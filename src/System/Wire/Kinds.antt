-- ===== src/System/Wire/Kinds.antt =====
-- The messages that the management process sends are of the kinds that the SSC can handle.
use pi_ssc_ssd_ssa.Common.{ℕ, ◌≡◌, refl, Bool, true, false, List, map, every}
use pi_ssc_ssd_ssa.Public.{Entry}
use pi_ssc_ssd_ssa.Public.Message.{Msg}
use pi_ssc_ssd_ssa.Hlist.{Hlist}
use pi_ssc_ssd_ssa.MsgList.{ListHead}
use pi_ssc_ssd_ssa.Pi.Handlers.{pthread_ds_fun}
use pi_ssc_ssd_ssa.Pi.Receive.{MsgQueue}
use pi_ssc_ssd_ssa.Pi.Cli.{Command, clear_vlan}
use pi_ssc_ssd_ssa.Pi.Cli.Done.{order, sends, vlan_order}
use pi_ssc_ssd_ssa.Pi.Process.{Host}
use pi_ssc_ssd_ssa.Pi.Process.Queue.{can_handle}
use pi_ssc_ssd_ssa.Pi.Process.Steps.{IsHost}
use pi_ssc_ssd_ssa.Ssc.Invariant.{IsSscDb}
use pi_ssc_ssd_ssa.Ssc.Process.Kinds.{well_formed}
use pi_ssc_ssd_ssa.System.Wire.{Wire, to_ssc, to_pi}

-- A message that the SSC can handle.
unfoldable pub can_ssc : Msg → Bool
can_ssc m = well_formed m.msg_type m.msg

module _ (H : Hlist Entry) (L : ListHead MsgQueue) where
  -- The message of a command is one that the SSC can handle.
  vlan-can_ssc :
      (b : Bool) (n : ℕ) (fds : List ℕ)
      → every can_ssc (map (λ (m : Msg × List ℕ). m.0) (sends H (vlan_order b n) fds)) ≡ true
  unfolding every can_ssc well_formed
  vlan-can_ssc true n fds = refl
  vlan-can_ssc false n fds = refl

  pub order-can_ssc :
      (junk : ℕ) (cmd : Command) (fds : List ℕ)
      → every can_ssc (map (λ (m : Msg × List ℕ). m.0) (sends H (order junk cmd) fds)) ≡ true
  unfolding every can_ssc well_formed
  order-can_ssc junk (clear_vlan n) fds = vlan-can_ssc _ n fds
  order-can_ssc junk cmd fds = refl

  -- What a thread of `pthread_ds_fun` sends.
  pub ds-can_ssc : (junk : ℕ) (h : Host H L) → every can_ssc (pthread_ds_fun H junk h.pi.db) ≡ true
  unfolding every can_ssc well_formed pthread_ds_fun
  ds-can_ssc junk h = refl

  -- Both processes are in order, what the SSC has written can be handled by the management process,
  -- and what that has written, or a thread of it is still to send, by the SSC.
  pub record IsWire (s : Wire H L) : Type 0 where
    pub host_ok : IsHost H L s.host
    pub db_ok : IsSscDb H s.process.ssc.db
    pub pi_can : every can_handle (to_pi H L s) ≡ true
    pub ssc_can : every can_ssc (to_ssc H L s) ≡ true
    pub ds_can : every (every can_ssc) s.ds ≡ true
#####
▶ _WORK INSTRUCTION_:
In the material above, locate the line containing "cmd) fds)) ≡ true" and the line containing "pub ds-can_ssc : (junk". Transcribe exactly those two lines and every line between them, and nothing more.

▶ _ANSWER BELOW_:
      → every can_ssc (map (λ (m : Msg × List ℕ). m.0) (sends H (order junk cmd) fds)) ≡ true
  unfolding every can_ssc well_formed
  order-can_ssc junk (clear_vlan n) fds = vlan-can_ssc _ n fds
  order-can_ssc junk cmd fds = refl

  -- What a thread of `pthread_ds_fun` sends.
  pub ds-can_ssc : (junk : ℕ) (h : Host H L) → every can_ssc (pthread_ds_fun H junk h.pi.db) ≡ true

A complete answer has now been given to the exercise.